Most normal typefaces change only in thickness; Rezak changes in intention, highlighting the relationship between dark and light, presence and absence, what’s removed and what remains. Rezak’s Black and Incised display styles are perfect in situations of impact: websites, headlines and large text, gaming, call-outs, posters, and packaging. Try these two in logotypes, complex print layering, branding, and words-as-pattern for greater experimentation.

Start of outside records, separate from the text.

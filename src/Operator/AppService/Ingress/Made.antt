-- ===== src/Operator/AppService/Ingress/Made.antt =====
-- The calls that the reconciliation of the routes does not make
-- (tembo-operator/src/app_service/ingress.rs).
use tembo.Prelude.{◌≡◌, Bool, false, Option, some, none, List, [], ◌∷◌, String}
use tembo.Prelude.Trace.{
  pure, call, tell, Lacks, Lacks-then, Lacks-seq, Lacks-lift, Lacks-for_each, Lacks-call, Lacks-if,
}
use tembo.Operator.Types.AppServices.{Middleware}
use tembo.Operator.AppService.Objects.{
  OwnerReference, IngressRouteRoutes, IngressRouteTcpRoutes, MiddleWareWrapper, TraefikMiddleware,
  IngressRoute, IngressRouteTcp,
}
use tembo.Operator.AppService.Routes.{generate_ingress_tcp}
use tembo.Operator.AppService.Calls.{
  Call, World, or_refused, read_middlewares, read_ingress_routes, read_ingress_routes_tcp,
  patch_middleware, patch_ingress_route, patch_ingress_route_tcp, delete_middleware,
  delete_ingress_route, delete_ingress_route_tcp,
}
use tembo.Operator.AppService.Ingress.{
  reconcile_middlewares, change_middlewares, get_middlewares, delete_first, apply_ingress_route,
  reconcile_ingress, is_routed_to, apply_ingress_route_tcp, reconcile_ingress_tcp,
}

module _ (p : Call → Bool) (deleted : (d : String) → p (delete_middleware d) ≡ false)
    (patched : (d : String) (mw : TraefikMiddleware) → p (patch_middleware d mw) ≡ false) where
  pub change_middlewares-Lacks :
      (desired : List MiddleWareWrapper) (actual : List String)
      → Lacks p (change_middlewares desired actual)
  unfolding change_middlewares
  change_middlewares-Lacks desired actual =
      Lacks-seq _ _ _
        (Lacks-for_each _ (λ d. tell (delete_middleware d)) _
          (λ d. Lacks-call {Val = Unit {0}} p (delete_middleware d) _ (deleted d)))
        (Lacks-for_each _ (λ (mw : MiddleWareWrapper). tell (patch_middleware mw.name mw.mw))
          desired
          (λ mw. Lacks-call {Val = Unit {0}} p (patch_middleware mw.name mw.mw) _ (patched _ _)))

  module _ (world : World) (listed : (n : String) → p (read_middlewares n) ≡ false) where
    reconcile_middlewares-Lacks :
        (name : String) (desired : List MiddleWareWrapper)
        → Lacks p (reconcile_middlewares world name desired)
    unfolding reconcile_middlewares
    reconcile_middlewares-Lacks name desired =
        Lacks-then p (get_middlewares world name) (change_middlewares desired)
          (Lacks-call p (read_middlewares name) _ (listed name))
          (λ actual _. change_middlewares-Lacks desired actual)

    delete_first-Lacks :
        (delete : String → Call) (found : List (Option String))
        → ((d : String) → p (delete d) ≡ false)
        → Lacks p (delete_first world delete found)
    delete_first-Lacks delete [] h = Lacks-lift p _
    delete_first-Lacks delete (none ∷ found) h = Lacks-lift p _
    delete_first-Lacks delete (some n ∷ found) h = Lacks-call p (delete n) _ (h n)

    module _ (listed_routes : p read_ingress_routes ≡ false)
        (listed_tcp : p read_ingress_routes_tcp ≡ false)
        (deleted_route : (d : String) → p (delete_ingress_route d) ≡ false)
        (deleted_tcp : (d : String) → p (delete_ingress_route_tcp d) ≡ false)
        (patched_route : (d : String) (r : IngressRoute) → p (patch_ingress_route d r) ≡ false)
        (patched_tcp : (d : String) (r : IngressRouteTcp)
          → p (patch_ingress_route_tcp d r) ≡ false) where
      apply_ingress_route-Lacks :
          (coredb_name ns : String) (oref : OwnerReference) (routes : List IngressRouteRoutes)
          (entry_points : List String)
          → Lacks p (apply_ingress_route world coredb_name ns oref routes entry_points)
      apply_ingress_route-Lacks coredb_name ns oref [] entry_points =
          Lacks-then p (call read_ingress_routes (or_refused world.list_ingress_routes)) _
            (Lacks-call p read_ingress_routes _ listed_routes)
            (λ names _. delete_first-Lacks delete_ingress_route names deleted_route)
      apply_ingress_route-Lacks coredb_name ns oref (r ∷ routes) entry_points =
          Lacks-call p _ _ (patched_route _ _)

      apply_ingress_route_tcp-Lacks :
          (name ns : String) (oref : OwnerReference) (routes : List IngressRouteTcpRoutes)
          (entry_points : List String)
          → Lacks p (apply_ingress_route_tcp world name ns oref routes entry_points)
      apply_ingress_route_tcp-Lacks name ns oref [] entry_points =
          Lacks-then p (call read_ingress_routes_tcp (or_refused world.list_ingress_routes_tcp)) _
            (Lacks-call p read_ingress_routes_tcp _ listed_tcp)
            (λ names _. delete_first-Lacks delete_ingress_route_tcp names deleted_tcp)
      apply_ingress_route_tcp-Lacks name ns oref (r ∷ routes) entry_points =
          let asked =
            patch_ingress_route_tcp name
              (generate_ingress_tcp name ns oref (r ∷ routes) entry_points) in
          Lacks-if p (is_routed_to name (r ∷ routes)) (call asked (or_refused (world.answer asked)))
            (pure tt) (λ _. Lacks-call p asked _ (patched_tcp _ _)) (λ _. Lacks-lift p _)

      pub reconcile_ingress-Lacks :
          (coredb_name ns : String) (oref : OwnerReference) (routes : List IngressRouteRoutes)
          (middlewares : List Middleware) (entry_points : List String)
          → Lacks p (reconcile_ingress world coredb_name ns oref routes middlewares entry_points)
      unfolding reconcile_ingress
      reconcile_ingress-Lacks coredb_name ns oref routes middlewares entry_points =
          Lacks-seq p _ _ (reconcile_middlewares-Lacks _ _)
            (apply_ingress_route-Lacks coredb_name ns oref routes entry_points)

      pub reconcile_ingress_tcp-Lacks :
          (coredb_name ns : String) (oref : OwnerReference) (routes : List IngressRouteTcpRoutes)
          (middlewares : List Middleware) (entry_points : List String) (app_name : String)
          → Lacks p (
              reconcile_ingress_tcp world coredb_name ns oref routes middlewares entry_points
                app_name)
      unfolding reconcile_ingress_tcp
      reconcile_ingress_tcp-Lacks coredb_name ns oref routes middlewares entry_points app_name =
          Lacks-seq p _ _ (reconcile_middlewares-Lacks _ _)
            (apply_ingress_route_tcp-Lacks _ ns oref routes entry_points)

The text styles are bold, energetic, well informed, and round out the family with four weights (Regular, Medium, Bold, Extrabold) and matching italics for a family grand total of ten. These jaunty styles work well in children’s books, call-outs, movie titles, and subheads for myriad subjects such as architecture, coffee, nature, cooking, and other rough-and-tumble purposes.
Rezak was conceived and released with Latin and Cyrillic scripts side by side. To wit, the word ‘rezak’ (резак) means ‘cutter’ in Russian and several other Slavic languages. Rezak Cyrillic takes its multilinguality one step further, including support for underrepresented languages such as Abkhaz, Itelmen, and Koryak.
Rezak Armenian is a respectful interpretation into the Armenian script, made in close consultation with Yerevan-based type designer Gor Jihanian. Its design hews closely to the logic and tradition of Armenian letterforms while maintaining Danilova’s original vision. Rezak Armenian stands up well side-by-side with its Latin, Cyrillic, and Georgian variants.
Rezak Georgian accomplishes a rare feat – a digital typeface that truly gives the impression of hand-cut tangibility. Its respectful interpretation into Georgian – in close consultation with the Tbilisi-based type designer Ana Sanikidze – honours the alphabet and its letterforms while still maintaining the original design approach that makes Rezak such a compelling typeface.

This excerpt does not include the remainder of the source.